There are numerous variations of this basic roll cage design. Some cages have three braces extending between the front and rear legs while others have more or less. Some have lateral braces at shoulder and/or hip level on the sides to provide more side impact protect. Still others are designed so these side braces can be removed to ease entry and exit from the vehicle. Others still have the front legs follow the contour of the dash of the car instead of being perfectly straight. These are all called four-point roll cages.
Some four point cages are designed with cross pieces at the top and bottom of the windshield. This works to keep the windshield opening from crushing or distorting in a wreck. This gives you an extra way to exit the car if it’s on its side or roof.

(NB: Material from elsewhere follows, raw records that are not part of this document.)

-- ===== src/Fat32/Entries.antt =====
-- The entries of directories in kernel/fat32.c: their fields, and what writes one.
use lons_os.Base.{
  ℕ, zero, suc, [], ◌∷◌, ◌+◌, ◌*◌, ◌/◌, ◌%◌, ◌&&◌, ◌||◌, List, Option, none, some, ltb, leb, ◌==◌,
  if◌then◌else◌,
}
use lons_os.Machine.{u32, write}
use lons_os.Machine.Bytes.{Buffer, le16, le32, put16, put32, fill_bytes, put_list}
use lons_os.Vfs.{vfs_dir}
use lons_os.Fat32.{
  BlockDevice, Fat, cluster_to_lba, read_sector, write_sector, fat_get, fat_set, fat_alloc,
  end_of_chain, fat_eoc,
}

abbrev pub attr_volid : ℕ
attr_volid = 0x08

abbrev pub attr_dir : ℕ
attr_dir = 0x10

abbrev pub attr_archive : ℕ
attr_archive = 0x20

abbrev pub attr_lfn : ℕ
attr_lfn = 0x0F

-- FAT32_MAX_DIR_CHILDREN
abbrev pub max_dir_children : ℕ
max_dir_children = 128

-- `fat32_inode_t`; `child_count` is the length of the list.
pub record Inode : Type 0 where
  pub first_cluster : ℕ
  pub file_size : ℕ
  pub is_dir : ℕ
  pub parent_cluster : ℕ
  pub dirent_byte_off : ℕ
  pub children : List ℕ
  pub children_loaded : ℕ

-- `(first_cluster_high << 16) | first_cluster_low` of the entry at `off`.
unfoldable pub first_cluster_at : ℕ → Buffer → ℕ
first_cluster_at off b = le16 b (off + 20) * 65536 + le16 b (off + 26)

unfoldable pub put_first_cluster : ℕ → ℕ → Buffer → Buffer
put_first_cluster off c b = put16 (off + 26) (c % 65536) (put16 (off + 20) (c / 65536) b)

unfoldable pub file_size_at : ℕ → Buffer → ℕ
file_size_at off b = le32 b (off + 28)

-- The entry that `fat32_create` writes at a free slot, the `e`-th of the sector.
unfoldable pub put_dirent : ℕ → List ℕ → List ℕ → ℕ → ℕ → Buffer → Buffer
put_dirent e n83 e83 type new_cluster b =
    let off = e * 32 in
    let b1 = put_list (off + 8) e83 (put_list off n83 (fill_bytes off 32 0 b)) in
    let b2 = write b1 (off + 11) (if type == vfs_dir then attr_dir else attr_archive) in
    let b3 = put32 (off + 28) 0 (put_first_cluster off new_cluster b2) in
    if b3 off == 0 && ltb (e + 1) 16 then write b3 (off + 32) 0 else b3

-- "." or "..", as `fat32_create` writes them to a new directory; `dots` are the first bytes.
unfoldable pub put_dots : ℕ → List ℕ → ℕ → Buffer → Buffer
put_dots off dots c b =
    put_first_cluster off c
      (write (put_list off dots (fill_bytes off 11 b' ' b)) (off + 11) attr_dir)

-- The first free entry of the sector from the `e`-th on.
unfoldable pub free_entry : ℕ → ℕ → Buffer → Option ℕ
free_entry zero e b = none
free_entry (suc n) e b =
    let later = free_entry n (e + 1) b in
    if b (e * 32) == 0 || b (e * 32) == 0xE5 then some e else later

module _ {D : Type 0} (dev : BlockDevice D) where
  -- The entry of a file changes on the disk, if it can be read.
  unfoldable pub patch_dirent : Inode → (ℕ → Buffer → Buffer) → Fat D → Fat D
  patch_dirent inode patch s =
      let db = inode.dirent_byte_off % s.geometry.bytes_per_clus in
      let lba_de = u32 (cluster_to_lba inode.parent_cluster s.geometry + db / 512) in
      let (good, t) = read_sector dev lba_de s in
      let (done, u) =
        write_sector dev lba_de (record t { sect_buf = patch (db % 512) t.sect_buf }) in
      if good then u else t

  -- The cluster behind `cluster`: a new one if it is the last, and `none` if there is no room.
  unfoldable pub next_or_new : ℕ → Fat D → Option ℕ × Fat D
  next_or_new cluster s =
      let (next, t) = fat_get dev cluster s in
      let (new_c, u) = fat_alloc dev t in
      if leb fat_eoc next
      then (if new_c == 0
          then (none, u)
          else (some new_c, fat_set dev new_c end_of_chain (fat_set dev cluster new_c u)))
      else (some next, t)

  -- The cluster of a new directory, with its first two entries, and 0 if there is no room.
  unfoldable pub new_directory : ℕ → Fat D → ℕ × Fat D
  new_directory parent_c s =
      let (new_cluster, t) = fat_alloc dev s in
      let b1 = put_dots 0 (b'.' ∷ []) new_cluster (fill_bytes 0 512 0 t.sect_buf) in
      let b2 = put_dots 32 (b'.' ∷ b'.' ∷ []) parent_c b1 in
      let (done, u) =
        write_sector dev (cluster_to_lba new_cluster t.geometry) (record t { sect_buf = b2 }) in
      if new_cluster == 0 then (0, t) else (new_cluster, u)

  -- A slot in a cluster, from sector `s` on; the entry is written there by `put`.
  unfoldable pub fill_slot : ℕ → ℕ → ℕ → (ℕ → Buffer → Buffer) → Fat D → Option (ℕ × ℕ) × Fat D
  fill_slot zero lba s put f = (none, f)
  fill_slot (suc n) lba s put f =
      let (good, t) = read_sector dev (u32 (lba + s)) f in
      let later = fill_slot n lba (s + 1) put t in
      if good
      then elim (free_entry 16 0 t.sect_buf) [
        | none ↦ later
        | some e ↦ (
          some (s, e),
          (write_sector dev (u32 (lba + s)) (record t { sect_buf = put e t.sect_buf })).1,
        )
      ]
      else (none, t)
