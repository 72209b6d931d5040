-- ===== src/Net/Delivery.antt =====
-- From the sender's buffer to the receiver's call: requests and responses, however the stream is cut
-- into chunks.
use new_rpc.Base.{
  ℕ, zero, suc, ◌+◌, ◌-◌, ◌≤◌, ◌≡◌, refl, sym, ap, ◌∙◌, inl, inr, true, false, List, [], ◌∷◌, ◌++◌,
  append-nil, arith, length, take, drop, leb, ◌==◌, ==_iff, some, length-append, take-append,
  drop-append, Bool-cases, take-append_le, take-append_ge, drop-append_le, drop-append_ge,
}
use new_rpc.Serialization.Memory.{ok, Cursor, cursor, Endian, new_bytes}
use new_rpc.Serialization.Types.{Members, reflected, Vals, default_val, default_vals}
use new_rpc.Serialization.Serialize.{get_serialize_size}
use new_rpc.Serialization.Deserialize.{deserialize, deserialize_members}
use new_rpc.Serialization.Encoding.{encode, encode_members, FitMembers}
use new_rpc.Serialization.Input.{deserialize-encode, AreReadable}
use new_rpc.Net.EndPoint.{EndPoint, set_port}
use new_rpc.Net.Header.{PackageHeader, empty_header, header_type, header_vals, magic_number}
use new_rpc.Net.Mapper.{
  Function, example_add, example_echo, example_add_point, function_id, args_tuple, function_of_id,
  make_task, committed, commit_function, reflect_commit_function,
}
use new_rpc.Net.Receive.{read_exact, receive_package}
use new_rpc.Net.Wire.{HeaderFits, length-header}

-- The bytes of the chunks, in order.
abbrev pub stream : List (List ℕ) → List ℕ
stream [] = []
stream (chunk ∷ chunks) = chunk ++ stream chunks

-- The read loop takes the first n bytes of the stream and leaves the others, however it is cut.
pub read_exact-stream :
    (n : ℕ) (chunks : List (List ℕ))
    → n ≤ length (stream chunks)
    → (rest : List (List ℕ)) × (read_exact n chunks ≡ ok (take n (stream chunks), rest))
      × (stream rest ≡ drop n (stream chunks))
unfolding read_exact
read_exact-stream zero chunks h = (chunks, refl, refl)
read_exact-stream (suc n) [] h = absurd (omega arith)
read_exact-stream (suc n) (chunk ∷ chunks) h = elim (Bool-cases (leb (length chunk) (suc n))) [
  | inl whole ↦
      let fits : length chunk ≤ suc n = ground arith in
      let (rest, done, left) =
        read_exact-stream (suc n - length chunk) chunks
          (omega (arith, length-append chunk (stream chunks))) in
      (
        rest,
        rw (whole, done, take-append_ge (suc n) chunk (stream chunks) fits),
        left ∙ sym (drop-append_ge (suc n) chunk (stream chunks) fits),
      )
  | inr part ↦
      let long : suc n ≤ length chunk = ground arith in
      (
        drop (suc n) chunk ∷ chunks,
        rw (part, take-append_le (suc n) chunk (stream chunks) long),
        sym (drop-append_le (suc n) chunk (stream chunks) long),
      )
]

-- A prefix of known length.
read_exact-append :
    (chunks : List (List ℕ)) (xs ys : List ℕ)
    → stream chunks ≡ xs ++ ys
    → (rest : List (List ℕ)) × (read_exact (length xs) chunks ≡ ok (xs, rest)) × (stream rest ≡ ys)
read_exact-append chunks xs ys e =
    let (rest, done, left) =
      read_exact-stream (length xs) chunks (rw e (omega (arith, length-append xs ys))) in
    (
      rest,
      done ∙ ap (λ bs. ok (bs, rest)) (ap (take (length xs)) e ∙ take-append xs ys),
      left ∙ ap (drop (length xs)) e ∙ drop-append xs ys,
    )

-- A header's fields are read over, whatever they were.
header_start :
    (e : Endian) (n : ℕ) (c : Cursor)
    → deserialize e header_type (header_vals empty_header) n c
      ≡ deserialize e header_type (default_val header_type) n c
unfolding deserialize default_val
header_start e n c = refl

read_header :
    (e : Endian) (x : PackageHeader)
    → HeaderFits x
    → deserialize e header_type
        (header_vals empty_header)
        32
        (cursor (encode header_type (header_vals x) ++ new_bytes 96) 0)
      ≡ ok (header_vals x, cursor (encode header_type (header_vals x) ++ new_bytes 96) 32)
read_header e x fits =
    let bytes = encode header_type (header_vals x) in
    let size = length-header x in
    let end : 0 + length bytes ≡ 32 = omega arith in
    header_start e 32 (cursor (bytes ++ new_bytes 96) 0)
    ∙ rw end at (
        deserialize-encode e header_type (header_vals x) fits
          (tt, (tt, (tt, (tt, (tt, (tt, (tt, (tt, (tt, tt))))))))) (bytes ++ new_bytes 96) 0 32
          (new_bytes 96) refl (omega arith) (omega (arith, length-append bytes (new_bytes 96))))

-- `receive` takes a header and its payload off the stream, however the bytes arrive and whatever
-- follows them: it returns the header that was sent, the position 32 and the payload. The header
-- has the magic number and counts its payload, and its fields fit their widths.
pub receive_package-stream :
    (e : Endian) (chunks : List (List ℕ)) (x : PackageHeader) (payload rest : List ℕ)
    → stream chunks ≡ encode header_type (header_vals x) ++ (payload ++ rest)
    → HeaderFits x
    → x.checksum ≡ magic_number
    → x.payload_len ≡ length payload
    → receive_package e chunks ≡ ok (x, 32, payload)
unfolding receive_package get_serialize_size
receive_package-stream e chunks x payload rest here fits magic counted =
    let bytes = encode header_type (header_vals x) in
    let (behind, head, left) = read_exact-append chunks bytes (payload ++ rest) here in
    let (closed, body, over) = read_exact-append behind payload rest left in
    let first : read_exact 32 chunks ≡ ok (bytes, behind) = rw (length-header x) at head in
    let sound : (x.checksum == magic_number) ≡ true = (==_iff x.checksum magic_number).1 magic in
    rw (first, read_header e x fits, sound, counted, body)

function_of_id-function_id : (f : Function) → function_of_id (function_id f) ≡ some f
unfolding function_of_id
function_of_id-function_id example_add = refl
function_of_id-function_id example_echo = refl
function_of_id-function_id example_add_point = refl

args_readable : (f : Function) (vs : Vals (args_tuple f)) → AreReadable (args_tuple f) vs
args_readable example_add vs = (tt, (tt, tt))
args_readable example_echo vs = tt
args_readable example_add_point vs = ((tt, (tt, tt)), ((tt, (tt, tt)), tt))

members_read :
    (e : Endian) (ms : Members) (vs : Vals ms)
    → FitMembers ms vs
    → AreReadable ms vs
    → deserialize_members e ms
        (default_vals ms)
        (length (encode_members ms vs))
        (cursor (encode_members ms vs) 0)
      ≡ ok (vs, cursor (encode_members ms vs) (length (encode_members ms vs)))
unfolding deserialize encode default_val
members_read e ms vs h r =
    let start : 0 + length (encode_members ms vs) ≡ length (encode_members ms vs) = omega arith in
    rw start at (
      deserialize-encode e (reflected ms) vs h r (encode_members ms vs) 0
        (length (encode_members ms vs)) [] (sym (append-nil _)) (omega arith) (omega arith))

-- A call of a registered function commits a task of that function with the arguments that were
-- encoded and the caller's address, with the port that the header names, its id and the function's
-- number to answer to, while the scheduler has not been stopped. The arguments' numbers fit their
-- widths.
pub reflect_commit_function-encode :
    (e : Endian) (f : Function) (vs : Vals (args_tuple f)) (x : PackageHeader) (peer : EndPoint)
    → FitMembers (args_tuple f) vs
    → x.rpc_type ≡ function_id f
    → reflect_commit_function e false x peer (encode_members (args_tuple f) vs)
      ≡ ok (
          committed (record {
            function = f;
            args = vs;
            response_info = record {
              response_to_end_point = set_port peer x.server_port;
              response_to_coro_id = x.rpc_id;
              response_rpc_type = x.rpc_type;
            };
          }))
unfolding reflect_commit_function commit_function make_task
reflect_commit_function-encode e f vs x peer fits number =
    let found : function_of_id x.rpc_type ≡ some f =
      ap function_of_id number ∙ function_of_id-function_id f in
    rw (found, reflect_commit_function, members_read e (args_tuple f) vs fits (args_readable f vs))
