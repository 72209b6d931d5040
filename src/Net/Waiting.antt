-- ===== src/Net/Waiting.antt =====
-- Who waits in a `NetService`, and that every wait ends, once.
use new_rpc.Base.{
  ℕ, ◌≡◌, ◌≢◌, refl, inl, inr, Bool, true, false, List, [], ◌∷◌, none, some, ◌==◌, if◌then◌else◌,
  arith, Bool-cases,
}
use new_rpc.Net.Service.{MaintainInfo, find_waiting, insert_waiting, erase_waiting, remove_timer}

-- No id stands twice in the map.
abbrev pub HasUniqueIds : List (ℕ × MaintainInfo) → Type 0
HasUniqueIds [] = Unit {0}
HasUniqueIds ((j, info) ∷ m) = (find_waiting j m ≡ none) × HasUniqueIds m

abbrev pub has_timer : ℕ → List (ℕ × ℕ) → Bool
has_timer id [] = false
has_timer id ((j, d) ∷ ts) = if j == id then true else has_timer id ts

pub find-insert :
    (i j : ℕ) (info : MaintainInfo) (m : List (ℕ × MaintainInfo))
    → find_waiting j m ≡ none
    → find_waiting i (insert_waiting j info m) ≡ (if j == i then some info else find_waiting i m)
unfolding find_waiting insert_waiting
find-insert i j info [] h = refl
find-insert i j info ((k, old) ∷ m) h = ground (arith, find-insert i j info m)

pub insert-found :
    (j : ℕ) (info old : MaintainInfo) (m : List (ℕ × MaintainInfo))
    → find_waiting j m ≡ some old
    → insert_waiting j info m ≡ m
unfolding find_waiting insert_waiting
insert-found j info old [] h = absurd (cc)
insert-found j info old ((k, x) ∷ m) h = ground (arith, insert-found j info old m)

pub find-erase :
    (i j : ℕ) (m : List (ℕ × MaintainInfo))
    → HasUniqueIds m
    → find_waiting i (erase_waiting j m) ≡ (if j == i then none else find_waiting i m)
unfolding find_waiting erase_waiting
find-erase i j [] u = ground arith
find-erase i j ((k, x) ∷ m) u = ground (arith, find-erase i j m u.1)

pub insert-HasUniqueIds :
    (j : ℕ) (info : MaintainInfo) (m : List (ℕ × MaintainInfo))
    → HasUniqueIds m
    → HasUniqueIds (insert_waiting j info m)
unfolding insert_waiting find_waiting
insert-HasUniqueIds j info [] u = (refl, tt)
insert-HasUniqueIds j info ((k, x) ∷ m) u = elim (Bool-cases (k == j)) [
  | inl same ↦ rw same u
  | inr other ↦
      rw other (ground (arith, find_other k j info m other u.0), insert-HasUniqueIds j info m u.1)
]
  where
    find_other :
        (k j : ℕ) (info : MaintainInfo) (m : List (ℕ × MaintainInfo))
        → (k == j) ≡ false
        → find_waiting k m ≡ none
        → find_waiting k (insert_waiting j info m) ≡ none
    find_other k j info [] h g = ground arith
    find_other k j info ((i, y) ∷ m) h g = ground (arith, find_other k j info m h)

pub erase-HasUniqueIds :
    (j : ℕ) (m : List (ℕ × MaintainInfo)) → HasUniqueIds m → HasUniqueIds (erase_waiting j m)
unfolding erase_waiting
erase-HasUniqueIds j [] u = tt
erase-HasUniqueIds j ((k, x) ∷ m) u = elim (Bool-cases (k == j)) [
  | inl same ↦ rw same u.1
  | inr other ↦ rw other (ground (arith, find-erase k j m u.1), erase-HasUniqueIds j m u.1)
]

pub has_timer-remove_timer :
    (i j : ℕ) (ts : List (ℕ × ℕ)) → i ≢ j → has_timer i (remove_timer j ts) ≡ has_timer i ts
unfolding remove_timer
has_timer-remove_timer i j [] h = refl
has_timer-remove_timer i j ((k, d) ∷ ts) h = ground (arith, has_timer-remove_timer i j ts h)
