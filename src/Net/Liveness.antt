-- ===== src/Net/Liveness.antt =====
-- Every coroutine that waits for a remote call is woken, and woken once.
use new_rpc.Base.{
  ℕ, ◌≡◌, ◌≢◌, refl, sym, ap, ◌∙◌, inl, inr, Bool, true, false, List, [], ◌∷◌, ◌++◌, none, some,
  ◌==◌, if◌then◌else◌, arith, Bool-cases, Option-cases,
}
use new_rpc.Serialization.Memory.{Result, ok, thrown, undefined, aborted, ◌>>=◌, Endian}
use new_rpc.Net.EndPoint.{EndPoint, set_port}
use new_rpc.Net.Header.{PackageHeader}
use new_rpc.Net.Rpc.{RpcBase, process_buffer_cb, timeout_cb}
use new_rpc.Net.Service.{
  Service, MaintainInfo, find_waiting, erase_waiting, update, awaken, after_response,
  commit_send_request_task, receive_response, timeout_, fire, remove_timer,
}
use new_rpc.Net.Waiting.{
  HasUniqueIds, has_timer, find-insert, insert-found, find-erase, insert-HasUniqueIds,
  erase-HasUniqueIds, has_timer-remove_timer,
}

-- Every id in the map stands there once, has a coroutine, and a timer that has not run out.
pub record IsLive (s : Service) : Type 0 where
  pub unique : HasUniqueIds s.waiting
  pub timed :
      (id : ℕ) (info : MaintainInfo)
      → find_waiting id s.waiting ≡ some info
      → (info.coroutine ≢ 0) × (has_timer id s.timers ≡ true)

pub waiting-awaken :
    (s : Service) (id c : ℕ)
    → (awaken s id c).waiting ≡ (if c == 0 then s.waiting else erase_waiting id s.waiting)
unfolding awaken
waiting-awaken s id c = ground arith

pub timers-awaken : (s : Service) (id c : ℕ) → (awaken s id c).timers ≡ s.timers
unfolding awaken
timers-awaken s id c = ground arith

pub ready-awaken :
    (s : Service) (id c : ℕ)
    → (awaken s id c).ready ≡ (if c == 0 then s.ready else s.ready ++ (c ∷ []))
unfolding awaken
ready-awaken s id c = ground arith

pub callbacks-awaken : (s : Service) (id c : ℕ) → (awaken s id c).callbacks ≡ s.callbacks
unfolding awaken
callbacks-awaken s id c = ground arith

awaken-IsLive : (s : Service) (id c : ℕ) → IsLive s → IsLive (awaken s id c)
awaken-IsLive s id c v = elim (Bool-cases (c == 0)) [
  | inl null ↦ record {
    unique = rw (waiting-awaken s id c, null) v.unique;
    timed = rw (waiting-awaken s id c, null, timers-awaken s id c) v.timed;
  }
  | inr some_coroutine ↦ record {
    unique = rw (waiting-awaken s id c, some_coroutine) (erase-HasUniqueIds id s.waiting v.unique);
    timed =
        rw (waiting-awaken s id c, some_coroutine, timers-awaken s id c)
          (λ i info f. ground (arith, find-erase i id s.waiting v.unique, v.timed i info));
  }
]

IsLive-callbacks : (s : Service) (f : ℕ → RpcBase) → IsLive s → IsLive (record s { callbacks = f })
IsLive-callbacks s f v = record { unique = v.unique; timed = v.timed }

pub after_response-IsLive :
    (s : Service) (id cb : ℕ) (o : RpcBase × Bool) → IsLive s → IsLive (after_response s id cb o)
unfolding after_response
after_response-IsLive s id cb (r, need_awaken) v =
    awaken-IsLive (record s { callbacks = update s.callbacks cb r }) id
      (if need_awaken then r.coroutine else 0) (IsLive-callbacks s _ v)

pub commit_send_request_task-IsLive :
    (s : Service) (id : ℕ) (endpoints : List (EndPoint × Bool)) (buffer : List ℕ) (t c cb : ℕ)
    → c ≢ 0
    → IsLive s
    → IsLive (commit_send_request_task s id endpoints buffer t c cb)
unfolding commit_send_request_task
commit_send_request_task-IsLive s id endpoints buffer t c cb h v =
    let info : MaintainInfo = record { coroutine = c; callback = cb } in
    record {
      unique = insert-HasUniqueIds id info s.waiting v.unique;
      timed = elim (Option-cases (find_waiting id s.waiting)) [
        | inl fresh ↦ λ i x f. ground (arith, find-insert i id info s.waiting fresh, v.timed i x)
        | inr (old, there) ↦
            λ i x f. ground (arith, insert-found id info old s.waiting there, v.timed i x)
      ];
    }

pub ok-injective {ℓ} : {A : Type ℓ} {a b : A} → ok a ≡ ok b → a ≡ b
ok-injective h = cc

pub ok_bind {ℓ κ} :
    {A : Type ℓ} {B : Type κ} (o : Result A) (f : A → B) (y : B)
    → (o >>= λ a. ok (f a)) ≡ ok y
    → (a : A) × (o ≡ ok a) × (f a ≡ y)
ok_bind (ok a) f y h = (a, refl, cc)
ok_bind (thrown x) f y h = absurd (cc)
ok_bind undefined f y h = absurd (cc)
ok_bind aborted f y h = absurd (cc)

pub receive_response-absent :
    (e : Endian) (s : Service) (x : PackageHeader) (peer : EndPoint) (payload : List ℕ)
    → find_waiting x.rpc_id s.waiting ≡ none
    → receive_response e s x peer payload ≡ ok s
unfolding receive_response
receive_response-absent e s x peer payload h = rw (h, receive_response)

pub receive_response-found :
    (e : Endian) (s : Service) (x : PackageHeader) (peer : EndPoint) (payload : List ℕ)
    (info : MaintainInfo)
    → find_waiting x.rpc_id s.waiting ≡ some info
    → receive_response e s x peer payload ≡ (
        process_buffer_cb e (s.callbacks info.callback) (set_port peer x.server_port) payload
        >>= λ o. ok (after_response s x.rpc_id info.callback o))
unfolding receive_response
receive_response-found e s x peer payload info h = rw (h, receive_response)

pub timeout_-absent :
    (s : Service) (id : ℕ) → find_waiting id s.waiting ≡ none → timeout_ s id ≡ ok s
unfolding timeout_
timeout_-absent s id h = rw (h, timeout_)

pub timeout_-found :
    (s : Service) (id : ℕ) (info : MaintainInfo)
    → find_waiting id s.waiting ≡ some info
    → timeout_ s id ≡ (
        timeout_cb (s.callbacks info.callback) >>= λ r.
        ok (awaken (record s { callbacks = update s.callbacks info.callback r }) id info.coroutine))
unfolding timeout_
timeout_-found s id info h = rw (h, timeout_)

pub receive_response-IsLive :
    (e : Endian) (s : Service) (x : PackageHeader) (peer : EndPoint) (payload : List ℕ)
    (s' : Service)
    → receive_response e s x peer payload ≡ ok s'
    → IsLive s
    → IsLive s'
receive_response-IsLive e s x peer payload s' done v =
    elim (Option-cases (find_waiting x.rpc_id s.waiting)) [
      | inl absent ↦
          rw (ok-injective (sym (receive_response-absent e s x peer payload absent) ∙ done)) at v
      | inr (info, there) ↦
          let (o, _, e') =
            ok_bind
              (process_buffer_cb e (s.callbacks info.callback) (set_port peer x.server_port)
                payload)
              (after_response s x.rpc_id info.callback) s'
              (sym (receive_response-found e s x peer payload info there) ∙ done) in
          rw e' at (after_response-IsLive s x.rpc_id info.callback o v)
    ]

-- Taking a timer off keeps the others.
IsLive-remove_timer :
    (s : Service) (id : ℕ)
    → find_waiting id s.waiting ≡ none
    → IsLive s
    → IsLive (record s { timers = remove_timer id s.timers })
IsLive-remove_timer s id absent v = record {
  unique = v.unique;
  timed = λ i info f. (
    (v.timed i info f).0,
    has_timer-remove_timer i id s.timers (λ same. cc (ap (λ k. find_waiting k s.waiting) same))
        ∙ (v.timed i info f).1,
  );
}

-- The state after the timer of a waiting call has run out.
abbrev pub timed_out : Service → (id : ℕ) → MaintainInfo → RpcBase → Service
timed_out s id info r =
    awaken
      (record s {
        callbacks = update s.callbacks info.callback r;
        timers = remove_timer id s.timers;
      })
      id info.coroutine

timed_out-IsLive :
    (s : Service) (id : ℕ) (info : MaintainInfo) (r : RpcBase)
    → find_waiting id s.waiting ≡ some info
    → IsLive s
    → IsLive (timed_out s id info r)
unfolding awaken
timed_out-IsLive s id info r there v =
    let some_coroutine : (info.coroutine == 0) ≡ false =
      ground (arith, (v.timed id info there).0) in
    rw some_coroutine (record {
      unique = erase-HasUniqueIds id s.waiting v.unique;
      timed = λ i x f.
          let apart = find-erase i id s.waiting v.unique in
          let kept : find_waiting i s.waiting ≡ some x = ground (arith, apart) in
          let other : i ≢ id = ground (arith, apart) in
          ((v.timed i x kept).0, has_timer-remove_timer i id s.timers other ∙ (v.timed i x kept).1);
    })

pub fire-IsLive : (s : Service) (id : ℕ) (s' : Service) → fire s id ≡ ok s' → IsLive s → IsLive s'
unfolding fire
fire-IsLive s id s' done v = elim (Option-cases (find_waiting id s.waiting)) [
  | inl absent ↦
      rw
        (ok-injective
          (sym (timeout_-absent (record s { timers = remove_timer id s.timers }) id absent) ∙ done))
        at (IsLive-remove_timer s id absent v)
  | inr (info, there) ↦
      let (r, _, e) = ok_bind (timeout_cb (s.callbacks info.callback)) (timed_out s id info) s' (
        sym (timeout_-found (record s { timers = remove_timer id s.timers }) id info there)
        ∙ done) in
      rw e at (timed_out-IsLive s id info r there v)
]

The Faster You Go the More Protection You Need
Not every roll-over wreck has you rolling sideways-door-roof-door-wheels, etc. Sometimes you go end over end. Even worse, sometimes one roll will launch your car a few feet into the air and have it crashing down on the bumper, either straight down or at an angle, causing more front to rear crushing damage to the car and passenger compartment. If you’re building a car that’s going to be a sub-eight-second slammer, you should start thinking of having more brace points for your cage.
I mentioned in the NHRA rules and regulations article that every race car I built got at least a five-point cage. These consisted of the roll bar behind the front seats, with the front legs following the windshield closely and the legs following the contour of the dash to maximize leg well protection. The rear brace also had a brace in the middle, providing protection from angled impacts from above.
For faster cars I would install modified six-point roll cages, with the sixth point branching out from the front brace in the middle of the windshield and bracing below the dash. The front legs would extend straight down from the top of the windshield and meet the floorpan/frame. Extending at an angle to in front of the leg well would be an extra set of braces.
Rhino bars, bars at shoulder and hip level to the outside of the seats provide added protection to occupants in the event of side impacts. Once you reach a certain level of competition, these will be a requirement, but at most amateur levels they aren’t, although they’re mandatory for me no matter what. Because they make getting in and out of the car quite difficult, I typically weld the bottom ones in and make the ones at shoulder level so I can bolt them in and out quickly and still maintain maximum protection.
Put Tails on Your Cage
Eight point roll cages wrap you in a cocoon of safety. These add two more legs extending to the rear of the passenger compartment, usually just behind where the back seats would be. There are also nine point cages that have a middle leg between the seats. These rear legs are bolted and/or welded to the frame side rails and rear cross member.
Protection can be enhanced by running connecting tubes from the middle legs to the rear legs. These can be just a single tube, either straight or at an angle from top to bottom (or vice versa) or they can be a big X, or a web.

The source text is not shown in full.